The Computer Vision and Image Processing Laboratory (CVIP Lab) has active research in four broad areas: Computer Vision (Smart Systems and Autonomous Robotics); Biomedical Imaging (Computer-aided diagnosis for early detection of colorectal and lung cancers, and image-guided interventions); Biometrics (Facial information modeling, face recognition at a distance, and modeling human engagement); and Dental Imaging (Reconstruction of the Oral Cavity and Image-guided dental interventions).
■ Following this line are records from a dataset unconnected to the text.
-- ===== src/Config/Heard.antt =====
-- What a client makes of the bytes of peers, as `GetServerList` writes them, in `AddServersFromMessage`.
use nrp_reference.Base.{
  ℕ, ◌+◌, ◌*◌, ◌/◌, ◌%◌, ◌<◌, ◌≤◌, ◌≡◌, refl, sym, ap, ◌∙◌, inl, inr, Bool, true, false, List, [],
  ◌∷◌, ◌++◌, append-nil, append_assoc, none, some, ok, arith, length, length-append, take, take_all,
  take-append, drop, drop-append, All, Bool-cases, Option-cases, if◌then◌else◌,
}
use nrp_reference.MruCache
use nrp_reference.Protocol.Layout.{Bytes, htons, client_min_retry_seconds}
use nrp_reference.ServerRecord.{ServerRecord, host_size, server_eq, of_peer}
use nrp_reference.Config.State.{Config}
use nrp_reference.Config.Lists.{find_index}
use nrp_reference.Config.Servers.{peer_bytes}
use nrp_reference.Config.Update.{add_server, add_peers}
use nrp_reference.Config.References.{addressed, peer_length, of_peer_split}
use nrp_reference.Config.Counts.{all_peer_bytes}

-- What a client makes of a server that it hears of.
abbrev pub heard : ServerRecord → ServerRecord
heard s = record {
  host = s.host;
  port = s.port;
  failure_count = 0;
  last_access_time = 0;
  retry_time = client_min_retry_seconds;
  ipv6 = s.ipv6;
  probationary = true;
  ip4_peers = true;
  ip6_peers = true;
  signkey = true;
  shuttingdown = false;
}

-- A server of a family, with an address of the size of the family and a port of 16 bits.
abbrev pub IsPeer : Bool → ServerRecord → Type 0
IsPeer v6 s = (s.ipv6 ≡ v6) × (length s.host ≡ host_size v6) × (s.port < 65_536)

peer_bytes-IsPeer :
    (v6 : Bool) (s : ServerRecord) → IsPeer v6 s → peer_bytes s ≡ s.host ++ htons s.port
peer_bytes-IsPeer v6 s (e, h, p) =
    let size : length s.host ≤ host_size s.ipv6 = ground arith in
    ap (λ bs. bs ++ htons s.port) (take_all s.host (host_size s.ipv6) size)

pub length-peer_bytes :
    (v6 : Bool) (s : ServerRecord) → IsPeer v6 s → length (peer_bytes s) ≡ peer_length v6
length-peer_bytes v6 s (e, h, p) =
    ap length (peer_bytes-IsPeer v6 s (e, h, p))
    ∙ ground (arith, length-append s.host (htons s.port))

of_peer-addressed :
    (host rest : Bytes) (v6 : Bool) (port : ℕ)
    → length host ≡ host_size v6
    → of_peer v6 ((host ++ htons port) ++ rest)
      ≡ ok (addressed ((host ++ htons port) ++ rest) v6 (port / 256 % 256 * 256 + port % 256))
of_peer-addressed host rest v6 port h =
    of_peer_split v6 ((host ++ htons port) ++ rest) rest (port / 256 % 256) (port % 256)
      (ap (drop (host_size v6)) (append_assoc host (htons port) rest)
        ∙ drop-append host (htons port ++ rest) (host_size v6) (sym h))
      (omega (arith, length-append (host ++ htons port) rest, length-append host (htons port)))

taken_host :
    (host rest : Bytes) (v6 : Bool) (port : ℕ)
    → length host ≡ host_size v6
    → take (host_size v6) ((host ++ htons port) ++ rest) ≡ host
taken_host host rest v6 port h =
    ap (take (host_size v6)) (append_assoc host (htons port) rest)
    ∙ take-append host (htons port ++ rest) (host_size v6) (sym h)

of_peer-peer_bytes :
    (v6 : Bool) (s : ServerRecord) (rest : Bytes)
    → IsPeer v6 s
    → of_peer v6 (peer_bytes s ++ rest) ≡ ok (heard s)
of_peer-peer_bytes v6 s rest (e, h, p) =
    let number : s.port / 256 % 256 * 256 + s.port % 256 ≡ s.port = omega arith in
    rw (peer_bytes-IsPeer v6 s (e, h, p)) (
      of_peer-addressed s.host rest v6 s.port h
      ∙ simp (taken_host s.host rest v6 s.port h, number, e) refl)

-- One peer after the other, the first with the latest reading of the clock.
abbrev pub hear : Config → (ℕ → ℕ) → List ServerRecord → Config
hear c now [] = c
hear c now (s ∷ ss) = hear (add_server c (heard s) (now (length ss)) (now (length ss))) now ss

-- The record of a server that a client puts on probation.
abbrev pub on_probation : ℕ → ServerRecord → ServerRecord
on_probation interval s = record s { retry_time = interval }

-- The servers that are neither banned nor active.
abbrev pub newcomers_to :
    MruCache.MruCache ServerRecord
    → List ServerRecord
    → ℕ
    → (ℕ → ℕ)
    → List ServerRecord
    → List ServerRecord
newcomers_to banned active interval now [] = []
newcomers_to banned active interval now (s ∷ ss) =
    let rest = newcomers_to banned active interval now ss in
    if (MruCache.is_present server_eq banned (on_probation interval (heard s)) (now (length ss))
      (now (length ss))).0
    then rest
    else elim (find_index (on_probation interval (heard s)) active) [
      | some i ↦ rest
      | none ↦ on_probation interval (heard s) ∷ rest
    ]

abbrev pub newcomers : Config → (ℕ → ℕ) → List ServerRecord → List ServerRecord
newcomers c = newcomers_to c.banned_servers c.active_servers c.client_request_interval_seconds

-- Two configurations that differ at most in who is on probation.
record SameKnown (c d : Config) : Type 0 where
  banned : d.banned_servers ≡ c.banned_servers
  active : d.active_servers ≡ c.active_servers
  interval : d.client_request_interval_seconds ≡ c.client_request_interval_seconds

newcomers-SameKnown :
    (c d : Config) (now : ℕ → ℕ) (ss : List ServerRecord)
    → SameKnown c d
    → newcomers d now ss ≡ newcomers c now ss
newcomers-SameKnown c d now ss e = rw (e.banned, e.active, e.interval) refl

add_server-SameKnown :
    (c : Config) (peer : ServerRecord) (t u : ℕ) → SameKnown c (add_server c peer t u)
unfolding add_server
add_server-SameKnown c peer t u = record {
  banned = ground arith;
  active = ground arith;
  interval = ground arith;
}

added_first :
    (c : Config) (s : ServerRecord) (t : ℕ) (rest : List ServerRecord)
    → (add_server c s t t).probationary_servers ++ rest
      ≡ c.probationary_servers
        ++ (let rec : ServerRecord = record s { retry_time = c.client_request_interval_seconds } in
            if (MruCache.is_present server_eq c.banned_servers rec t t).0
            then rest
            else elim (find_index rec c.active_servers) [ some i ↦ rest | none ↦ rec ∷ rest ])
unfolding add_server
added_first c s t rest =
    let rec : ServerRecord = record s { retry_time = c.client_request_interval_seconds } in
    elim (Bool-cases (MruCache.is_present server_eq c.banned_servers rec t t).0) [
      | inl banned ↦ ground arith
      | inr welcome ↦ elim (Option-cases (find_index rec c.active_servers)) [
        | inl new ↦ ground (arith, append_assoc c.probationary_servers (rec ∷ []) rest)
        | inr (i, known) ↦ ground arith
      ]
    ]

-- Who is on probation after a client has heard of some servers: the newcomers come last, in their order.
pub hear-newcomers :
    (c : Config) (now : ℕ → ℕ) (ss : List ServerRecord)
    → (hear c now ss).probationary_servers ≡ c.probationary_servers ++ newcomers c now ss
hear-newcomers c now [] = sym (append-nil c.probationary_servers)
hear-newcomers c now (s ∷ ss) =
    let next = add_server c (heard s) (now (length ss)) (now (length ss)) in
    hear-newcomers next now ss
    ∙ (ap (λ rest. next.probationary_servers ++ rest)
          (newcomers-SameKnown c next now ss
            (add_server-SameKnown c (heard s) (now (length ss)) (now (length ss))))
        ∙ added_first c (heard s) (now (length ss)) (newcomers c now ss))

-- The addresses of servers of a family, spelt one after the other and read again.
pub add_peers-all_peer_bytes :
    (v6 : Bool) (ss : List ServerRecord) (rest : Bytes) (now : ℕ → ℕ) (c : Config)
    → All (IsPeer v6) ss
    → add_peers (length ss) v6 (all_peer_bytes ss ++ rest) now c ≡ ok (hear c now ss)
unfolding add_peers
add_peers-all_peer_bytes v6 [] rest now c all = refl
add_peers-all_peer_bytes v6 (s ∷ ss) rest now c (p, all) =
    let next = add_server c (heard s) (now (length ss)) (now (length ss)) in
    rw
      (
        append_assoc (peer_bytes s) (all_peer_bytes ss) rest,
        of_peer-peer_bytes v6 s (all_peer_bytes ss ++ rest) p,
      )
      (ap (λ content. add_peers (length ss) v6 content now next)
          (drop-append (peer_bytes s) (all_peer_bytes ss ++ rest) (peer_length v6)
            (sym (length-peer_bytes v6 s p)))
        ∙ add_peers-all_peer_bytes v6 ss rest now next all)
Under these four focus areas, the CVIP Lab has secured federal and industrial funding and graduated and trained over 70 PhD and MS/MENG students, scores of undergraduates and over a dozen postdocs and research scientists. Below we refer to three projects that presently funded.
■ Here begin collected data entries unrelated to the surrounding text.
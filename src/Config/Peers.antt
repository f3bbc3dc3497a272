-- ===== src/Config/Peers.antt =====
-- From the `GetServerList` of one configuration to the `AddServersFromMessage` of another.
use nrp_reference.Base.{
  ℕ, zero, suc, ◌*◌, ◌<◌, ◌≡◌, refl, ap, ◌∙◌, inl, inr, Bool, true, false, List, [], ◌∷◌, ◌++◌,
  append-nil, some, ok, arith, length, length-append, length-take, take, drop, replicate, All, min,
  Bool-cases,
}
use nrp_reference.Base.Int.{pos}
use nrp_reference.Protocol.MsgType
use nrp_reference.Protocol.Layout.{Bytes}
use nrp_reference.ServerRecord.{ServerRecord, host_size, same_flag}
use nrp_reference.Config.State.{Config}
use nrp_reference.Config.Servers.{active_server_count, peer_bytes, copy_servers, get_server_list}
use nrp_reference.Config.Update.{add_peers}
use nrp_reference.Config.References.{peer_length}
use nrp_reference.Config.Counts.{peers_type, family, all_peer_bytes, copy_servers-family}
use nrp_reference.Config.Valid.{HasAddress, IsValid}
use nrp_reference.Config.Heard.{
  IsPeer, length-peer_bytes, hear, newcomers, hear-newcomers, add_peers-all_peer_bytes,
}

length-all_peer_bytes :
    (v6 : Bool) (ss : List ServerRecord)
    → All (IsPeer v6) ss
    → length (all_peer_bytes ss) ≡ length ss * peer_length v6
length-all_peer_bytes v6 [] all = omega arith
length-all_peer_bytes v6 (s ∷ ss) (p, all) = ground (
  arith,
  length-append (peer_bytes s) (all_peer_bytes ss),
  length-peer_bytes v6 s p,
  length-all_peer_bytes v6 ss all,
)

drop-replicate : (n : ℕ) → drop {A = ℕ} n (replicate n 0) ≡ []
drop-replicate zero = refl
drop-replicate (suc n) = drop-replicate n

All-take :
    (P : ServerRecord → Type 0) (n : ℕ) (ss : List ServerRecord) → All P ss → All P (take n ss)
All-take P zero ss all = tt
All-take P (suc n) [] all = tt
All-take P (suc n) (s ∷ ss) (p, all) = (p, All-take P n ss all)

family-IsPeer :
    (v6 : Bool) (ss : List ServerRecord)
    → All HasAddress ss
    → All (λ s. s.port < 65_536) ss
    → All (IsPeer v6) (family v6 ss)
family-IsPeer v6 [] addresses ports = tt
family-IsPeer v6 (s ∷ ss) (a, addresses) (p, ports) = elim (Bool-cases (same_flag s.ipv6 v6)) [
  | inl found ↦
      let e : s.ipv6 ≡ v6 = ground arith in
      rw found ((e, a ∙ ap host_size e, p), family-IsPeer v6 ss addresses ports)
  | inr other ↦ rw other (family-IsPeer v6 ss addresses ports)
]

-- The first `k` servers of a family.
abbrev pub first_peers : Bool → ℕ → Config → List ServerRecord
first_peers v6 k c = take (min (length (family v6 c.active_servers)) k) (family v6 c.active_servers)

length-first_peers :
    (v6 : Bool) (k : ℕ) (c : Config)
    → length (first_peers v6 k c) ≡ min (length (family v6 c.active_servers)) k
length-first_peers v6 k c =
    omega (
      arith,
      length-take (min (length (family v6 c.active_servers)) k) (family v6 c.active_servers),
    )

active_server_count-active :
    (c : Config) (t : ℕ) → (active_server_count c t).0.active_servers ≡ c.active_servers
unfolding active_server_count
active_server_count-active c t = ground arith

get_server_list-copies :
    (v6 : Bool) (k n : ℕ) (c : Config)
    → 0 < k
    → 0 < n
    → (active_server_count c (peers_type v6)).1 ≡ pos n
    → (get_server_list c (peers_type v6) (pos k)).1
      ≡ some (
          copy_servers v6 (min n k) 0 c.active_servers
          ++ drop
              (length (copy_servers v6 (min n k) 0 c.active_servers))
              (replicate (min n k * peer_length v6) 0))
unfolding get_server_list
get_server_list-copies true k n c some_wanted some_there count =
    ground (arith, active_server_count-active c MsgType.ip6peers)
get_server_list-copies false k n c some_wanted some_there count =
    ground (arith, active_server_count-active c MsgType.ip4peers)

-- The list of peers that a server sends out of a well-formed configuration, with ports of 16 bits and a count of
-- the family that is right, is read back by a client, whatever stands behind it: the client puts on probation
-- exactly the servers in the list that it has neither banned nor among its active ones, in the order of the list,
-- each with its address and its port.
pub get_server_list-add_peers :
    (v6 : Bool) (k : ℕ) (server client : Config) (rest : Bytes) (now : ℕ → ℕ)
    → IsValid server
    → All (λ s. s.port < 65_536) server.active_servers
    → 0 < k
    → 0 < length (family v6 server.active_servers)
    → (active_server_count server (peers_type v6)).1
      ≡ pos (length (family v6 server.active_servers))
    → let peers = first_peers v6 k server in
      (bytes : Bytes) × (client' : Config) × ((get_server_list server (peers_type v6) (pos k)).1
        ≡ some bytes)
      × (add_peers (length peers) v6 (bytes ++ rest) now client ≡ ok client')
      × (client'.probationary_servers ≡ client.probationary_servers ++ newcomers client now peers)
get_server_list-add_peers v6 k server client rest now v ports some_wanted some_there count =
    let n = length (family v6 server.active_servers) in
    let peers = first_peers v6 k server in
    let are_peers : All (IsPeer v6) peers =
      All-take (IsPeer v6) (min n k) (family v6 server.active_servers)
        (family-IsPeer v6 server.active_servers v.active ports) in
    let copied : copy_servers v6 (min n k) 0 server.active_servers ≡ all_peer_bytes peers =
      copy_servers-family v6 (min n k) 0 server.active_servers (omega arith)
      ∙ ap (λ (m : ℕ). all_peer_bytes (take m (family v6 server.active_servers))) (omega arith) in
    let size : length (all_peer_bytes peers) ≡ min n k * peer_length v6 =
      length-all_peer_bytes v6 peers are_peers
      ∙ ap (λ (m : ℕ). m * peer_length v6) (length-first_peers v6 k server) in
    (
      all_peer_bytes peers,
      hear client now peers,
      get_server_list-copies v6 k n server some_wanted some_there count
          ∙ ap some (
              rw (copied, size, drop-replicate (min n k * peer_length v6))
                (append-nil (all_peer_bytes peers))),
      add_peers-all_peer_bytes v6 peers rest now client are_peers,
      hear-newcomers client now peers,
    )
The purpose of this project is to improve student learning by the automated capture of non-verbal cues of engagement: How can we use students’ expressions of engagement, based on non-verbal signs such as facial expressions, body and eye movements, physiological reactions, posture, to enhance learning? Project Goals are: a) Establishment of a robust network of non-obtrusive and non-invasive sensors in mid-size classes to enable real-time extraction of facial and vital signs, which will be integrated and displayed on instructors’ dashboards; b) Identification of robust descriptors for modeling the emotional and behavioral components of engagement using data collected by the sensor networks; c) Gathering meaningful data for subsequent work on emotional, behavioral, and cognitive metrics of engagement; and d) Exploring effectiveness of artificial intelligent and machine learning for delivering education and training of STEM subjects.Fig. 1 shows data collection for behavioral and emotional engagement: i) eye-gaze; ii) head movement; iii) hand movement, and facial expressions. Videos captured by webcams are used to extract facial; information and eye-gaze. Video captured by wall-cam is used to hand and body movement. 3D reconstruction shows the students’ heads and gazes relative to teacher’s board.
This research has been supported by NSF Award #1900456.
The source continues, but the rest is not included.